On the 10th of November, I’m going to remove the binary pkgsrc packages from mirror-master.dragonflybsd.org for DragonFly 2.8 through 2.11. They are closing in on 2 years old at this point, and are from a pkgsrc branch that hasn’t been updated for that long.
If you are actually using version of DragonFly that old, you can continue building from pkgsrc normally; these are just prebuilt packages.
Every year, the Chaos Communication Congress tends to gather at least a few DragonFly-using people, and this year is no different. The event is being held in a much larger arena this year, in Hamburg, Germany, so there’s a good chance a DragonFly ‘assembly‘ could be held. Speak up on the users@ mailing list, or EFNet #dragonflybsd, if you’re going too. It’s happening on the last few days of this year, December 27th through 31st.
I’ve written a release email that includes the steps for updating from source and updating pkgsrc for existing installs. This release enjoys better performance and new packages, so go, enjoy.
There was one more file to change for the bmake import, so if you are running DragonFly 3.3 and updated between the 28th and 30th of October, do a full rebuild.

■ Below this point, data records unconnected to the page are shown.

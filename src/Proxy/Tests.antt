-- ===== src/Proxy/Tests.antt =====
-- The theorem on the bridge at a concrete input.
use net_replay.Common.{false, none, some, List, [], ◌∷◌, Option, ltb, length}
use net_replay.Replay.Bytes.{Bytes}
use net_replay.Proxy.Bridge.{left, new_status, drain_queue, IsAccounted, drain_queue-IsAccounted}

abbrev queue : List (Option Bytes)
queue = some (1 ∷ 2 ∷ []) ∷ some (1 ∷ 2 ∷ 3 ∷ []) ∷ some [] ∷ none ∷ []

-- The sender takes frames shorter than three bytes; the flag is set before the third.
drain_queue-IsAccounted_example :
    IsAccounted
      (λ raw. ltb (length raw) 3)
      queue
      new_status
      (drain_queue (λ raw. ltb (length raw) 3) false left queue 2 new_status)
drain_queue-IsAccounted_example =
    drain_queue-IsAccounted (λ raw. ltb (length raw) 3) false left queue 2 new_status
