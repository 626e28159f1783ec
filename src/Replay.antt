-- ===== src/Replay.antt =====
-- netreplay/core/replay: frames that are selected, changed and checked before they are sent.
pub mod Bytes
pub mod Checksum
pub mod Remap
pub mod Address
pub mod Validate
pub mod Selection
pub mod Stats
pub mod Timing
pub mod Mutation
mod Tests
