-- ===== src/Replay/Checksum.antt =====
-- `_checksum` of netreplay/core/replay/remap.py: the Internet checksum.
pub mod Laws
use net_replay.Common.{
  ℕ, zero, suc, ◌+◌, ◌-◌, ◌*◌, ◌/◌, ◌%◌, Bool, true, false, List, [], ◌∷◌, ◌++◌, ltb, ◌==◌,
  if◌then◌else◌, length,
}
use net_replay.Replay.Bytes.{Bytes}

-- `data += b"\x00"` if the length is odd.
unfoldable pub padded : Bytes → Bytes
padded payload = if length payload % 2 == 0 then payload else payload ++ 0 ∷ []

-- The sum of the 16-bit words. The low byte of a word is below 256, so `|` is `+`.
unfoldable pub word_sum : Bytes → ℕ
word_sum [] = 0
word_sum (x ∷ []) = x * 256
word_sum (x ∷ y ∷ rest) = x * 256 + y + word_sum rest

-- `while total >> 16: total = (total & 0xFFFF) + (total >> 16)`
unfoldable pub fold : ℕ → ℕ → ℕ
fold zero total = total
fold (suc f) total = elim (ltb 65535 total) [
  | true ↦ fold f (total % 65536 + total / 65536)
  | false ↦ total
]

-- `(~total) & 0xFFFF` of the folded sum. The sum itself is fuel enough.
unfoldable pub checksum : Bytes → ℕ
checksum payload = let total = word_sum (padded payload) in 65535 - fold total total
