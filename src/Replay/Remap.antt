-- ===== src/Replay/Remap.antt =====
-- `remap_frame` of netreplay/core/replay/remap.py. `none` is the OverflowError of `to_bytes`.
pub mod Laws
use net_replay.Common.{
  ℕ, zero, suc, ◌+◌, ◌-◌, ◌*◌, ◌/◌, ◌%◌, Bool, true, false, not, ◌&&◌, ◌||◌, Option, none, some,
  List, [], ◌∷◌, ◌++◌, ltb, ◌==◌, if◌then◌else◌, length,
}
use net_replay.Common.Dict.{Dict, lookup, nat_eq}
use net_replay.Replay.Bytes.{Bytes, byte, slice, set_slice, be16, two_bytes, to_bytes2, bytes_eq}
use net_replay.Replay.Checksum.{checksum}

abbrev pub ethertype_ipv4 : ℕ
ethertype_ipv4 = 0x0800

abbrev pub ipproto_tcp : ℕ
ipproto_tcp = 6

abbrev pub ipproto_udp : ℕ
ipproto_udp = 17

pub record RemapConfig : Type 0 where
  pub mac_map : Dict Bytes Bytes
  pub ip_map : Dict Bytes Bytes
  pub port_map : Dict ℕ ℕ

abbrev no_entries {ℓ} : {A : Type ℓ} → List A → Bool
no_entries [] = true
no_entries (x ∷ xs) = false

-- `is_empty`
unfoldable pub is_empty : RemapConfig → Bool
is_empty config =
    no_entries config.mac_map && no_entries config.ip_map && no_entries config.port_map

abbrev pub bind_option {ℓ κ} : {A : Type ℓ} {B : Type κ} → Option A → (A → Option B) → Option B
bind_option none f = none
bind_option (some a) f = f a

-- `if key in config.…_map: buf[a:b] = config.…_map[key]`, with whether it was.
abbrev pub write_found : Bytes → ℕ → ℕ → Option Bytes → Bytes
write_found buf a b none = buf
write_found buf a b (some v) = set_slice buf a b v

abbrev pub is_found {ℓ} : {A : Type ℓ} → Option A → Bool
is_found none = false
is_found (some a) = true

unfoldable pub remap_macs : Bytes → RemapConfig → Bytes
remap_macs raw config =
    let buf = write_found raw 0 6 (lookup (slice raw 0 6) config.mac_map) in
    write_found buf 6 12 (lookup (slice raw 6 12) config.mac_map)

-- The two IP addresses, and whether either was changed.
unfoldable pub remap_ips : Bytes → Bytes → RemapConfig → Bytes × Bool
remap_ips raw buf config =
    let src = lookup (slice raw 26 30) config.ip_map in
    let dst = lookup (slice raw 30 34) config.ip_map in
    (write_found (write_found buf 26 30 src) 30 34 dst, is_found src || is_found dst)

-- `_port_offsets`: the first of the two offsets; the second lies two bytes further.
unfoldable pub port_offsets : Bytes → ℕ → ℕ → Option ℕ
port_offsets raw ihl protocol =
    if (protocol == ipproto_tcp || protocol == ipproto_udp) && not (ltb (length raw) (14 + ihl + 4))
    then some (14 + ihl)
    else none

-- The body of the loop over the two offsets.
abbrev write_port : Bytes × Bool → ℕ → Option ℕ → Option (Bytes × Bool)
write_port (buf, changed) offset none = some (buf, changed)
write_port (buf, changed) offset (some port) =
    bind_option (to_bytes2 port) (λ v. some (set_slice buf offset (offset + 2) v, true))

unfoldable pub remap_port : Bytes → RemapConfig → ℕ → Bytes × Bool → Option (Bytes × Bool)
remap_port raw config offset s = write_port s offset (lookup (be16 raw offset) config.port_map)

unfoldable pub remap_ports : Bytes → Bytes → RemapConfig → Option ℕ → Option (Bytes × Bool)
remap_ports raw buf config none = some (buf, false)
remap_ports raw buf config (some base) =
    bind_option (remap_port raw config base (buf, false)) (remap_port raw config (base + 2))

-- `buf[24:26] = …`: the IPv4 header checksum.
unfoldable pub fix_header_checksum : Bytes → ℕ → Bytes
fix_header_checksum buf ihl =
    let zeroed = set_slice buf 24 26 (two_bytes 0) in
    set_slice zeroed 24 26 (two_bytes (checksum (slice zeroed 14 (14 + ihl))))

-- The end of `_fix_transport_checksum`, from the test of the buffer's length on.
unfoldable pub write_transport_checksum : Bytes → ℕ → ℕ → ℕ → ℕ → Option Bytes
write_transport_checksum buf base protocol transport_length checksum_offset =
    if ltb (length buf) (checksum_offset + 2)
    then some buf
    else (let zeroed = set_slice buf checksum_offset (checksum_offset + 2) (two_bytes 0) in
        bind_option (to_bytes2 transport_length) λ n. some (
          set_slice zeroed checksum_offset (checksum_offset + 2) (
            two_bytes (
              checksum (
                slice zeroed 26 30
                ++ (slice zeroed 30 34
                    ++ (0 ∷ protocol ∷ (n ++ slice zeroed base (base + transport_length)))))))))

-- `transport_length`, with its fallback to what the buffer holds.
unfoldable pub transport_length_of : Bytes → Bytes → ℕ → ℕ → ℕ
transport_length_of buf raw ihl total_length =
    let n = total_length - ihl in
    if ltb n 4 || ltb (length raw) (14 + ihl + n) then length buf - (14 + ihl) else n

unfoldable pub fix_transport_checksum : Bytes → Bytes → ℕ → ℕ → ℕ → Option Bytes
fix_transport_checksum buf raw ihl protocol total_length =
    let base = 14 + ihl in
    let n = transport_length_of buf raw ihl total_length in
    if protocol == ipproto_udp
    then if be16 raw (base + 6) == 0
      then some buf
      else bind_option (to_bytes2 n) (λ v.
        write_transport_checksum (set_slice buf (base + 4) (base + 6) v) base protocol n (base + 6))
    else if protocol == ipproto_tcp
    then write_transport_checksum buf base protocol n (base + 16)
    else some buf

-- The two `if`s that recompute checksums: the header's, and the transport's where `transport` says so.
abbrev pub fix_checksums : Bytes → ℕ → ℕ → Bool → Bool → Bytes → Option Bytes
fix_checksums raw ihl protocol header transport buf =
    let fixed = if header then fix_header_checksum buf ihl else buf in
    if transport then fix_transport_checksum fixed raw ihl protocol (be16 raw 16) else some fixed

-- `remap_frame` on an IPv4 frame, from the reading of its header on.
unfoldable pub remap_ipv4 : Bytes → Bytes → RemapConfig → ℕ → Option Bytes
remap_ipv4 raw buf config ihl =
    let protocol = byte raw 23 in
    let (with_ips, ip_changed) = remap_ips raw buf config in
    let offsets = port_offsets raw ihl protocol in
    bind_option (remap_ports raw with_ips config offsets) λ (with_ports, ports_changed).
      fix_checksums raw ihl protocol ip_changed
        ((ip_changed || ports_changed) && be16 raw 20 % 0x2000 == 0 && is_found offsets) with_ports

unfoldable pub remap_frame : Bytes → RemapConfig → Option Bytes
remap_frame raw config =
    let buf = remap_macs raw config in
    let ihl = byte raw 14 % 16 * 4 in
    if is_empty config || ltb (length raw) 14
    then some raw
    else if not (be16 raw 12 == ethertype_ipv4) || ltb (length raw) 34
    then some buf
    else if ltb ihl 20 || ltb (length raw) (14 + ihl)
    then some buf
    else remap_ipv4 raw buf config ihl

Peter Avalos has updated OpenSSH in DragonFly to 6.1p1. This looks to be a bugfix release, but check the changelog for details.
I mentioned this before in the Lazy Reading from last Sunday, but it’s worth a second look: Apple’s new Fusion Drive product appears to be very much like DragonFly’s swapcache. DragonFly doesn’t have exclusive right to the idea of caching on a faster disk, clearly, so I’m not complaining that it’s “ours”. It’s frustrating to see product announcement/press releases stumbling all over this like it’s a new thing.
Then again, having new ideas about technology ideas and making sure they spread is one of the points of the BSD license, so perhaps there’s no good reason to complain at all.
(Before anyone reads too much into this: No, I don’t know of any direct relationship between swapcache and Fusion Drive; they may have no common background other than structure.)
John Marino’s committed bmake as the replacement to make, as mentioned previously. You should probably do a full buildworld/kernel sequence. This of course only affects you if you are on DragonFly 3.3.